◆ Given entries ◆

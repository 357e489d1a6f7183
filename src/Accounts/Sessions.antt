-- ===== src/Accounts/Sessions.antt =====
-- internal/web/server.go: `auth`, by which a handler knows its caller, and `logout`. When a session was
-- last seen is left out.
use azeroth_core_web.Base.{
  ℕ, ◌&&◌, not, Bool, Option, none, some, Text, text_eq, ◌==◌, ltb, find_if, delete_if,
}
use azeroth_core_web.Http.{Problem, problem, or_problem}
use azeroth_core_web.Db.{Exec, query, attempt, pure, lift, ◌>>=◌, ◌>>◌}
use azeroth_core_web.Accounts.{Accounts, Credential, Session, Crypto}

abbrev pub is_live : Text → ℕ → Session → Bool
is_live hash now x = text_eq x.token_hash hash && ltb now x.expires_at

-- Neither locked nor banned.
abbrev pub is_open : ℕ → Credential → Bool
is_open id a = (a.id == id) && not a.locked && not a.banned

-- The account of a session that has not expired.
unfoldable pub account_of : Text → ℕ → Accounts → Option Credential
account_of hash now s = elim (find_if (is_live hash now) s.sessions) [
  | none ↦ none
  | some x ↦ find_if (is_open x.account) s.credentials
]

-- `auth`, with the answer that every handler gives where it fails; the update of last_seen_at may fail.
unfoldable pub auth : Crypto → ℕ → Option Text → Exec Accounts Problem Credential
auth lib now cookie = do
  value ← lift (or_problem cookie (problem 401 "Sign in required"))
  a ← query (problem 401 "Sign in required") (account_of (lib.sha256 value) now)
  attempt (λ s. s)
  pure a

abbrev pub end_session : Text → Accounts → Accounts
end_session hash s = record s {
  sessions = delete_if (λ (x : Session). text_eq x.token_hash hash) s.sessions;
}

-- `logout`, of a request with the cookie
unfoldable pub logout : Crypto → Text → Exec Accounts Problem Unit
logout lib value = attempt (end_session (lib.sha256 value))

◆ Work item ◆
With nothing added or dropped, write out every entry.

◆ Written solution ◆
repository 357e489d1a6f7183
filename src/Accounts/Sessions.antt
-- ===== src/Accounts/Sessions.antt =====
-- internal/web/server.go: `auth`, by which a handler knows its caller, and `logout`. When a session was
-- last seen is left out.
use azeroth_core_web.Base.{
  ℕ, ◌&&◌, not, Bool, Option, none, some, Text, text_eq, ◌==◌, ltb, find_if, delete_if,
}
use azeroth_core_web.Http.{Problem, problem, or_problem}
use azeroth_core_web.Db.{Exec, query, attempt, pure, lift, ◌>>=◌, ◌>>◌}
use azeroth_core_web.Accounts.{Accounts, Credential, Session, Crypto}

abbrev pub is_live : Text → ℕ → Session → Bool
is_live hash now x = text_eq x.token_hash hash && ltb now x.expires_at

-- Neither locked nor banned.
abbrev pub is_open : ℕ → Credential → Bool
is_open id a = (a.id == id) && not a.locked && not a.banned

-- The account of a session that has not expired.
unfoldable pub account_of : Text → ℕ → Accounts → Option Credential
account_of hash now s = elim (find_if (is_live hash now) s.sessions) [
  | none ↦ none
  | some x ↦ find_if (is_open x.account) s.credentials
]

-- `auth`, with the answer that every handler gives where it fails; the update of last_seen_at may fail.
unfoldable pub auth : Crypto → ℕ → Option Text → Exec Accounts Problem Credential
auth lib now cookie = do
  value ← lift (or_problem cookie (problem 401 "Sign in required"))
  a ← query (problem 401 "Sign in required") (account_of (lib.sha256 value) now)
  attempt (λ s. s)
  pure a

abbrev pub end_session : Text → Accounts → Accounts
end_session hash s = record s {
  sessions = delete_if (λ (x : Session). text_eq x.token_hash hash) s.sessions;
}

-- `logout`, of a request with the cookie
unfoldable pub logout : Crypto → Text → Exec Accounts Problem Unit
logout lib value = attempt (end_session (lib.sha256 value))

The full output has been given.